Since the Light Adjustable Lens is a monofocal lens, there is low risk of dysphotopsias caused by splitting light, leading to potentially enhanced vision and patient satisfaction.
The Light Adjustable Lens offers LASIK-like accuracy in cataract surgery.2,3
92% of eyes (N = 391) achieved results within 0.50 D of target manifest refraction spherical equivalent (MRSE).
Patients are approximately two times more likely to achieve 20/20 vision or better without glasses at 6 months.

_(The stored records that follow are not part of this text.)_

-- ===== src/Coordinator/Results/Sorted.antt =====
-- graph-engine/bin/graph-coordinator/src/service.rs, `sort_bindings_by_property`: on keys of one kind
-- of value.
use doi.Prelude.{
  ℕ, String, Bool, true, false, List, [], ◌∷◌, ap, ◌∙◌, In, In_of_All, Option, none, some, All, ◌≡◌,
  refl, arith, Ordering, if◌then◌else◌, subst, sym,
}
use Prim.Native.Nat.Ordering.{lt, eq, gt}
use mathlib.Core.List.{Perm}
use doi.Prelude.Int.{ℤ}
use doi.Prelude.Order.{Ord, reverse, nat_ord, int_ord, bool_ord, string_ord, list_ord}
use doi.Prelude.Sorting.{not_after, sort_by, sort_by-perm, IsSorted, sort_by-IsSorted_on}
use doi.Schema.{NodeId, EdgeId}
use doi.Storage.{PropertyValue, is_nan, float_order, partial_cmp}
use doi.Dsl.{OrderBy, SortDirection}
use doi.Index.{NodeRecord, EdgeRecord}
use doi.Query.{Binding}
use doi.Coordinator.Results.{
  AliasKinds, compare_property_values, compare_keys, directed, property_of, compare_bindings,
  sort_bindings_by_property,
}

-- the types that a sort key may have
pub data KeyKind : Type 0 where
  int64 float64 bool string timestamp bytes : KeyKind

abbrev pub Rank : KeyKind → Type 0
Rank KeyKind.int64 = ℤ
Rank KeyKind.float64 = ℤ
Rank KeyKind.bool = Bool
Rank KeyKind.string = String
Rank KeyKind.timestamp = ℤ
Rank KeyKind.bytes = List ℕ

abbrev pub rank_ord : (k : KeyKind) → Ord (Rank k)
rank_ord KeyKind.int64 = int_ord
rank_ord KeyKind.float64 = int_ord
rank_ord KeyKind.bool = bool_ord
rank_ord KeyKind.string = string_ord
rank_ord KeyKind.timestamp = int_ord
rank_ord KeyKind.bytes = list_ord {A = ℕ}

-- the place of a value among those of a kind; a NaN has none
abbrev pub rank_of : (k : KeyKind) → PropertyValue → Option (Rank k)
rank_of KeyKind.int64 (PropertyValue.int64 v) = some v
rank_of KeyKind.float64 (PropertyValue.float64 v) = if is_nan v then none else some (float_order v)
rank_of KeyKind.bool (PropertyValue.bool v) = some v
rank_of KeyKind.string (PropertyValue.string v) = some v
rank_of KeyKind.timestamp (PropertyValue.timestamp v) = some v
rank_of KeyKind.bytes (PropertyValue.bytes v) = some v
rank_of _ _ = none

pub data KeyRank (R : Type 0) : Type 0 where
  ranked : R → KeyRank R
  unset missing : KeyRank R

abbrev pub ranked_as : {R : Type 0} → Option R → Option (KeyRank R)
ranked_as none = none
ranked_as (some r) = some (ranked r)

abbrev pub key_rank : (k : KeyKind) → Option PropertyValue → Option (KeyRank (Rank k))
key_rank k none = some missing
key_rank k (some PropertyValue.null) = some unset
key_rank k (some v) = ranked_as (rank_of k v)

-- No key, null, or a value of the kind that is no NaN.
abbrev pub IsKeyOf : KeyKind → Option PropertyValue → Type 0
IsKeyOf k key = (r : KeyRank (Rank k)) × (key_rank k key ≡ some r)

module _ {R : Type 0} (o : Ord R) where
  abbrev compare_ranks : KeyRank R → KeyRank R → Ordering
  compare_ranks (ranked a) (ranked b) = o.cmp a b
  compare_ranks (ranked a) _ = lt
  compare_ranks _ (ranked b) = gt
  compare_ranks unset unset = eq
  compare_ranks unset missing = lt
  compare_ranks missing unset = gt
  compare_ranks missing missing = eq

  -- Smaller values stand first, then nulls, then missing keys.
  abbrev pub stands_before : KeyRank R → KeyRank R → Bool
  stands_before (ranked a) (ranked b) = not_after (o.cmp a b)
  stands_before (ranked a) _ = true
  stands_before _ (ranked b) = false
  stands_before unset _ = true
  stands_before missing unset = false
  stands_before missing missing = true

  stands_before-compare_ranks :
      (a b : KeyRank R) → stands_before a b ≡ not_after (compare_ranks a b)
  stands_before-compare_ranks (ranked a) (ranked b) = refl
  stands_before-compare_ranks (ranked a) unset = refl
  stands_before-compare_ranks (ranked a) missing = refl
  stands_before-compare_ranks unset (ranked b) = refl
  stands_before-compare_ranks unset unset = refl
  stands_before-compare_ranks unset missing = refl
  stands_before-compare_ranks missing (ranked b) = refl
  stands_before-compare_ranks missing unset = refl
  stands_before-compare_ranks missing missing = refl

  -- `DESC` turns the whole order round, missing keys included.
  abbrev pub may_precede : SortDirection → KeyRank R → KeyRank R → Bool
  may_precede SortDirection.asc a b = stands_before a b
  may_precede SortDirection.desc a b = stands_before b a

  ranks_total : (a b : KeyRank R) → compare_ranks b a ≡ reverse (compare_ranks a b)
  ranks_total (ranked a) (ranked b) = o.cmp_reverse a b
  ranks_total (ranked a) unset = refl
  ranks_total (ranked a) missing = refl
  ranks_total unset (ranked b) = refl
  ranks_total unset unset = refl
  ranks_total unset missing = refl
  ranks_total missing (ranked b) = refl
  ranks_total missing unset = refl
  ranks_total missing missing = refl

  ranks_trans :
      (a b c : KeyRank R)
      → not_after (compare_ranks a b) ≡ true
      → not_after (compare_ranks b c) ≡ true
      → not_after (compare_ranks a c) ≡ true
  ranks_trans (ranked a) (ranked b) (ranked c) h h' =
      ground (arith, o.lt_trans a b c, o.eq_of_cmp a b, o.eq_of_cmp b c)
  ranks_trans a b c h h' = ground arith

compare_keys-ranks :
    (k : KeyKind) (a b : Option PropertyValue) (r s : KeyRank (Rank k))
    → key_rank k a ≡ some r
    → key_rank k b ≡ some s
    → compare_keys a b ≡ compare_ranks (rank_ord k) r s
unfolding compare_keys compare_property_values partial_cmp
compare_keys-ranks KeyKind.int64 a b r s h h' = ground arith
compare_keys-ranks KeyKind.float64 a b r s h h' = ground arith
compare_keys-ranks KeyKind.bool a b r s h h' = ground arith
compare_keys-ranks KeyKind.string a b r s h h' = ground arith
compare_keys-ranks KeyKind.timestamp a b r s h h' = ground arith
compare_keys-ranks KeyKind.bytes a b r s h h' = ground arith

module _ (kinds : AliasKinds) (node_properties : List (NodeId × NodeRecord))
    (edge_properties : List (EdgeId × EdgeRecord)) (order : OrderBy) (k : KeyKind) where
  -- The binding has a sort key of the kind.
  abbrev pub IsSortable : Binding → Type 0
  IsSortable b =
      IsKeyOf k (property_of kinds node_properties edge_properties order.alias order.property b)

  abbrev compare : Binding → Binding → Ordering
  compare = compare_bindings kinds node_properties edge_properties order

  rank_order : KeyRank (Rank k) → KeyRank (Rank k) → Ordering
  rank_order r s = directed order.direction (compare_ranks (rank_ord k) r s)

  compare-ranks :
      (a b : Binding) (p : IsSortable a) (q : IsSortable b) → compare a b ≡ rank_order p.0 q.0
  unfolding compare_bindings rank_order
  compare-ranks a b p q =
      rw
        (compare_keys-ranks k
          (property_of kinds node_properties edge_properties order.alias order.property a)
          (property_of kinds node_properties edge_properties order.alias order.property b) p.0 q.0
          p.1 q.1)
        refl

  order_total :
      (r s : KeyRank (Rank k))
      → not_after (rank_order r s) ≡ false
      → not_after (rank_order s r) ≡ true
  unfolding rank_order
  order_total r s h = ground (arith, ranks_total (rank_ord k) r s)

  order_trans :
      (r s t : KeyRank (Rank k))
      → not_after (rank_order r s) ≡ true
      → not_after (rank_order s t) ≡ true
      → not_after (rank_order r t) ≡ true
  unfolding rank_order
  order_trans r s t h h' = ground (
    arith,
    ranks_trans (rank_ord k) r s t,
    ranks_trans (rank_ord k) t s r,
    ranks_total (rank_ord k) r s,
    ranks_total (rank_ord k) s t,
    ranks_total (rank_ord k) r t,
  )

  precede_of_order :
      (direction : SortDirection) (r s : KeyRank (Rank k))
      → not_after (directed direction (compare_ranks (rank_ord k) r s)) ≡ true
      → may_precede (rank_ord k) direction r s ≡ true
  precede_of_order SortDirection.asc r s h = stands_before-compare_ranks (rank_ord k) r s ∙ h
  precede_of_order SortDirection.desc r s h =
      stands_before-compare_ranks (rank_ord k) s r ∙ ap not_after (ranks_total (rank_ord k) r s) ∙ h

  -- Each key may stand before all that follow it, in the direction of the query.
  unfoldable pub AreOrdered : List Binding → Type 0
  AreOrdered [] = Unit
  AreOrdered (b ∷ bs) =
      ((c : Binding) (p : IsSortable b) (q : IsSortable c)
        → In c bs
        → may_precede (rank_ord k) order.direction p.0 q.0 ≡ true)
      × AreOrdered bs

  AreOrdered-of_IsSorted : (bs : List Binding) → IsSorted compare bs → AreOrdered bs
  unfolding AreOrdered rank_order
  AreOrdered-of_IsSorted [] s = tt
  AreOrdered-of_IsSorted (b ∷ bs) s = (
    λ c p q i. precede_of_order order.direction p.0 q.0 (
        subst (λ o. not_after o ≡ true) (compare-ranks b c p q)
          (In_of_All (λ y. not_after (compare b y) ≡ true) c bs s.0 i)),
    AreOrdered-of_IsSorted bs s.1,
  )

  -- Where every binding has a sort key of one kind of value, null or none, and no key is a NaN, the
  -- sort returns the same bindings, ordered by their keys: upwards, then the nulls, then the missing
  -- keys, or for a descending sort all of that backwards.
  pub sort_bindings_by_property-AreOrdered :
      (bindings : List Binding)
      → All IsSortable bindings
      → Perm
          (sort_bindings_by_property kinds node_properties edge_properties order bindings)
          bindings
        × AreOrdered
            (sort_bindings_by_property kinds node_properties edge_properties order bindings)
  unfolding sort_bindings_by_property
  sort_bindings_by_property-AreOrdered bindings h = (
    sort_by-perm compare bindings,
    AreOrdered-of_IsSorted (sort_by compare bindings) (
        sort_by-IsSorted_on compare IsSortable
          (λ a b p q e.
            subst (λ o. not_after o ≡ true) (sym (compare-ranks b a q p))
              (order_total p.0 q.0 (subst (λ o. not_after o ≡ false) (compare-ranks a b p q) e)))
          (λ a b c p q r e e'.
            subst (λ o. not_after o ≡ true) (sym (compare-ranks a c p r))
              (order_trans p.0 q.0 r.0 (subst (λ o. not_after o ≡ true) (compare-ranks a b p q) e)
                (subst (λ o. not_after o ≡ true) (compare-ranks b c q r) e')))
          bindings h),
  )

The study was a prospective, controlled, multicenter, 12-month study of 600 patients (ITT population) randomized to receive implantation with the RxSight LAL (N = 403) or a commercially available monofocal IOL (N = 197). Effectiveness analyses included 391 LAL patients and 193 control patients. Primary safety variables included best spectacle-corrected visual acuity (BSCVA) at 6 months and incidence of sight-threatening complications and adverse events. Primary effectiveness variables included percent reduction in manifest cylinder at 6 months, percent mean absolute reduction in MRSE at 6 months, and rotation of meridian of LAL at 6 months. Percent of eyes with an uncorrected visual acuity (UCVA) of 20/20 or better at six months post-operatively compared between the LAL treatment group and the monofocal control group was a secondary endpoint.
The Light Adjustable Lens corrects as low as 0.50 D of astigmatism, which is the lowest level approved to be treated.